**PROBLEM DETAILS:**
Reproduce verbatim the lines of the material below, starting at the line with "int_leb (pos m) (negsuc n) = false" and ending at the line with "(not b) c cs)", both inclusive; skip the rest.

**WORKING DATA:**
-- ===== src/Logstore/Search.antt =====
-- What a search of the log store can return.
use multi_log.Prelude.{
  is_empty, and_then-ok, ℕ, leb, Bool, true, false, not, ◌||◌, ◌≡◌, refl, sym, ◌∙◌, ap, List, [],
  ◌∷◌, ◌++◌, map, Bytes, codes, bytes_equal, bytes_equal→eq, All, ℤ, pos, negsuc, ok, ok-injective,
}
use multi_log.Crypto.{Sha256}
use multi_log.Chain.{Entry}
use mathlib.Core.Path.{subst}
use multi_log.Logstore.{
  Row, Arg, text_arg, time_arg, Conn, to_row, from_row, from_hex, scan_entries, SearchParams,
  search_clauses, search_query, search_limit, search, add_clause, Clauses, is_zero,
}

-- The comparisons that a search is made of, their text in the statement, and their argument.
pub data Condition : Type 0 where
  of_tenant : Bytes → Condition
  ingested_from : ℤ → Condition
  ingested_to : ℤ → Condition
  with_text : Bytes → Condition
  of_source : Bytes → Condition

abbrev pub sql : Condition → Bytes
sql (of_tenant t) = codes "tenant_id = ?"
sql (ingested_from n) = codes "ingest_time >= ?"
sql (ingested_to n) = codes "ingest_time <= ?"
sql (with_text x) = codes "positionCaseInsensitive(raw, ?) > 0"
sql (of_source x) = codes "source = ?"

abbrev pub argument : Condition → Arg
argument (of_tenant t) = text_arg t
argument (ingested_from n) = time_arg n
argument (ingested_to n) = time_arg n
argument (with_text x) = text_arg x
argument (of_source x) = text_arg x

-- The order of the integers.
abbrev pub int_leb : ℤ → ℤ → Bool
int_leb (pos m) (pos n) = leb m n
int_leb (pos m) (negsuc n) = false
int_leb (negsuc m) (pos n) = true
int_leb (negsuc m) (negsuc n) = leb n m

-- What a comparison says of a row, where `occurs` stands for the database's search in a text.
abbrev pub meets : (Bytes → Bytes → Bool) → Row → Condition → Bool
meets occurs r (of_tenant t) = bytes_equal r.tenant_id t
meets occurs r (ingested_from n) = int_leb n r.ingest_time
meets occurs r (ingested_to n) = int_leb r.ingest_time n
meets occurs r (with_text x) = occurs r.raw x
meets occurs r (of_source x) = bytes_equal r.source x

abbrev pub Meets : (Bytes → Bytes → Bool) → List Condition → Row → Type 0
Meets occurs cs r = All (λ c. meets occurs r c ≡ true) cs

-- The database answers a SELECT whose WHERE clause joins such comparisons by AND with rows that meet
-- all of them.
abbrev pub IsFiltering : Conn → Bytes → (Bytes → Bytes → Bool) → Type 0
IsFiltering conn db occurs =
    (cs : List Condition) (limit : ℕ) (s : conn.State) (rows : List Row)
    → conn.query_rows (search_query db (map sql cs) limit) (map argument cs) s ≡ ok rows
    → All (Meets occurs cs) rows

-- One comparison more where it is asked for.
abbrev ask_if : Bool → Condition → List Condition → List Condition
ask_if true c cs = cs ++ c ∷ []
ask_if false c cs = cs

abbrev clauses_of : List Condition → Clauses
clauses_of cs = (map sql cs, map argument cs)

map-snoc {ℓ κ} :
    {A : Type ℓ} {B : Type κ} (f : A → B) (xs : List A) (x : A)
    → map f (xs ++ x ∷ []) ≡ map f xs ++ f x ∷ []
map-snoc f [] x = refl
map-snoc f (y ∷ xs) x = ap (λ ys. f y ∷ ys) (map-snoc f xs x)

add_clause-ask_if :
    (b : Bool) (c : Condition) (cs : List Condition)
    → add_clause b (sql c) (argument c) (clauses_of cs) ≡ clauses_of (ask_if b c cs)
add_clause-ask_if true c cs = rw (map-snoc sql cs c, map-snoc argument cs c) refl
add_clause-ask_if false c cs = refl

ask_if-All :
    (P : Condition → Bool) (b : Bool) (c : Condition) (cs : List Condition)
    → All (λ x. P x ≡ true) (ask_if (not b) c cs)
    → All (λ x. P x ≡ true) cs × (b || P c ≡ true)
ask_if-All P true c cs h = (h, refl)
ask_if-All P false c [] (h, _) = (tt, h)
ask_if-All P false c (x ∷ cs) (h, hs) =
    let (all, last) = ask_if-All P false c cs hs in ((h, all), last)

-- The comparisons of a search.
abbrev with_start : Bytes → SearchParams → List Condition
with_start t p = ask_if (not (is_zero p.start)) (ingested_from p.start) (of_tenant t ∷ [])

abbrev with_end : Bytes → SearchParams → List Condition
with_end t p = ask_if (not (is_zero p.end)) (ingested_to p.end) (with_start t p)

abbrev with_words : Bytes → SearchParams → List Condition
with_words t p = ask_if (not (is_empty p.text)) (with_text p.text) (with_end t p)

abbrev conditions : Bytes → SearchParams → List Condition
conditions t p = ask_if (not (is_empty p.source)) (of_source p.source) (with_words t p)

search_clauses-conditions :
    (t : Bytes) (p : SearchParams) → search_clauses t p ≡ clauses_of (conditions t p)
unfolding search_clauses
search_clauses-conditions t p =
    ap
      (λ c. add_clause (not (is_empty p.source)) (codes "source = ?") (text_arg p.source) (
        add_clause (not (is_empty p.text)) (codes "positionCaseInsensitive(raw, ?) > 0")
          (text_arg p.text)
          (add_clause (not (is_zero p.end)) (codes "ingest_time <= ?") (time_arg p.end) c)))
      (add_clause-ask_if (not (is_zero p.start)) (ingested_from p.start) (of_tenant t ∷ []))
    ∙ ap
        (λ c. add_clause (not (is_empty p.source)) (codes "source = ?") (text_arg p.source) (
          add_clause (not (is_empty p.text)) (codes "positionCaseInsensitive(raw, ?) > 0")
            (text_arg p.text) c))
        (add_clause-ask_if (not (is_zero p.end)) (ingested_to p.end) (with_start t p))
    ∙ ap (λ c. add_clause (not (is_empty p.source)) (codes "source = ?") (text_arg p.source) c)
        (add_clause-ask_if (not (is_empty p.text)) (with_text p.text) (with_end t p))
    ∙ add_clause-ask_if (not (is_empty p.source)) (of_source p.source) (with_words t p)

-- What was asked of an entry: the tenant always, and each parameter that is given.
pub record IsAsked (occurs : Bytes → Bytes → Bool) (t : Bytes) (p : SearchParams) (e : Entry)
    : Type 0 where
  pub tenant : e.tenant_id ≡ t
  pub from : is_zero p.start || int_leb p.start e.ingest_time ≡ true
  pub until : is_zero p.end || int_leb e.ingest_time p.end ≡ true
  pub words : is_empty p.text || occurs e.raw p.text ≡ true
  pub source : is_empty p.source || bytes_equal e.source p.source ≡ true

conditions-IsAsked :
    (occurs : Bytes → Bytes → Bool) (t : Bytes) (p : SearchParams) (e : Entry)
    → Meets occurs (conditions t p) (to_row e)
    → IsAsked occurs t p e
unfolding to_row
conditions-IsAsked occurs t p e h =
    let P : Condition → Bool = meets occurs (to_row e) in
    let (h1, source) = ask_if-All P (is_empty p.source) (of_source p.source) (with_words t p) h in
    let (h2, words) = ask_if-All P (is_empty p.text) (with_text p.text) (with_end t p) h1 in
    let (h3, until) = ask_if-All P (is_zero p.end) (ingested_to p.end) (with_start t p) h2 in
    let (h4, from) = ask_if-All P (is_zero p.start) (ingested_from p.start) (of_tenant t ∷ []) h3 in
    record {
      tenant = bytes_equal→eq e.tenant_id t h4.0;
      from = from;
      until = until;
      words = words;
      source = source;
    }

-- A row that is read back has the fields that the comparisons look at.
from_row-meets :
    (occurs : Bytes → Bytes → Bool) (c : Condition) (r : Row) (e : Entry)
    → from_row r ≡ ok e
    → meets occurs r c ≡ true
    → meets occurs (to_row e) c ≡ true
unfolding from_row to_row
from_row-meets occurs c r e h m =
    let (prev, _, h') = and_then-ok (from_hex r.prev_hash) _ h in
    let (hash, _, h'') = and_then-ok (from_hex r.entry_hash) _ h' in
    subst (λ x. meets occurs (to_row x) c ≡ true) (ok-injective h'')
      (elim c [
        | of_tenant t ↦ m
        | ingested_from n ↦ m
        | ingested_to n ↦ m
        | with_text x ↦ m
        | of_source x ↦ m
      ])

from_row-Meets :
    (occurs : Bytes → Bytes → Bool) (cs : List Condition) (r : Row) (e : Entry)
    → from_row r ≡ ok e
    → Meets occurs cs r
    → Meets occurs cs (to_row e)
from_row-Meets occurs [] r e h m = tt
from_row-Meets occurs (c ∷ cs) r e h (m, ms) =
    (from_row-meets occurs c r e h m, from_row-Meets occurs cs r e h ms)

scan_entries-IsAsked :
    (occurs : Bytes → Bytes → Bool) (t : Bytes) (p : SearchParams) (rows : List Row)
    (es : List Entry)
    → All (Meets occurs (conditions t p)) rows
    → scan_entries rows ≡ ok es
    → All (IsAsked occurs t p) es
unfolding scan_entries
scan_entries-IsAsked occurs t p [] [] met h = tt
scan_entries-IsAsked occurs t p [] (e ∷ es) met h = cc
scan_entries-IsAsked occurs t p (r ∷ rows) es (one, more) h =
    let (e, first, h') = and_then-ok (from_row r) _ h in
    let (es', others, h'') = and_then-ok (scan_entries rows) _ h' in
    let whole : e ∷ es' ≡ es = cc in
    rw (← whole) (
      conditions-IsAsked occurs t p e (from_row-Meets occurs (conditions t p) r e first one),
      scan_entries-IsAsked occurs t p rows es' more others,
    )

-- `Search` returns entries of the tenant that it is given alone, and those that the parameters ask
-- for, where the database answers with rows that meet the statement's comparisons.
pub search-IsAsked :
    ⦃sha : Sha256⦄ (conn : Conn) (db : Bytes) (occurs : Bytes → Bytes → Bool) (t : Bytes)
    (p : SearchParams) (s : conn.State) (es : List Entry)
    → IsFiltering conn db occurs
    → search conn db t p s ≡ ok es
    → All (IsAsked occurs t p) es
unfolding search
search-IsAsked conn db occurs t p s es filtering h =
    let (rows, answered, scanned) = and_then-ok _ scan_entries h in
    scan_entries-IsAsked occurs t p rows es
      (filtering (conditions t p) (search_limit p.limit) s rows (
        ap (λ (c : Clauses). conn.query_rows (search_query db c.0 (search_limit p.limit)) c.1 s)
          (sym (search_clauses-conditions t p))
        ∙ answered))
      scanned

**EXPECTED ANSWER:**
int_leb (pos m) (negsuc n) = false
int_leb (negsuc m) (pos n) = true
int_leb (negsuc m) (negsuc n) = leb n m

-- What a comparison says of a row, where `occurs` stands for the database's search in a text.
abbrev pub meets : (Bytes → Bytes → Bool) → Row → Condition → Bool
meets occurs r (of_tenant t) = bytes_equal r.tenant_id t
meets occurs r (ingested_from n) = int_leb n r.ingest_time
meets occurs r (ingested_to n) = int_leb r.ingest_time n
meets occurs r (with_text x) = occurs r.raw x
meets occurs r (of_source x) = bytes_equal r.source x

abbrev pub Meets : (Bytes → Bytes → Bool) → List Condition → Row → Type 0
Meets occurs cs r = All (λ c. meets occurs r c ≡ true) cs

-- The database answers a SELECT whose WHERE clause joins such comparisons by AND with rows that meet
-- all of them.
abbrev pub IsFiltering : Conn → Bytes → (Bytes → Bytes → Bool) → Type 0
IsFiltering conn db occurs =
    (cs : List Condition) (limit : ℕ) (s : conn.State) (rows : List Row)
    → conn.query_rows (search_query db (map sql cs) limit) (map argument cs) s ≡ ok rows
    → All (Meets occurs cs) rows

-- One comparison more where it is asked for.
abbrev ask_if : Bool → Condition → List Condition → List Condition
ask_if true c cs = cs ++ c ∷ []
ask_if false c cs = cs

abbrev clauses_of : List Condition → Clauses
clauses_of cs = (map sql cs, map argument cs)

map-snoc {ℓ κ} :
    {A : Type ℓ} {B : Type κ} (f : A → B) (xs : List A) (x : A)
    → map f (xs ++ x ∷ []) ≡ map f xs ++ f x ∷ []
map-snoc f [] x = refl
map-snoc f (y ∷ xs) x = ap (λ ys. f y ∷ ys) (map-snoc f xs x)

add_clause-ask_if :
    (b : Bool) (c : Condition) (cs : List Condition)
    → add_clause b (sql c) (argument c) (clauses_of cs) ≡ clauses_of (ask_if b c cs)
add_clause-ask_if true c cs = rw (map-snoc sql cs c, map-snoc argument cs c) refl
add_clause-ask_if false c cs = refl

ask_if-All :
    (P : Condition → Bool) (b : Bool) (c : Condition) (cs : List Condition)
    → All (λ x. P x ≡ true) (ask_if (not b) c cs)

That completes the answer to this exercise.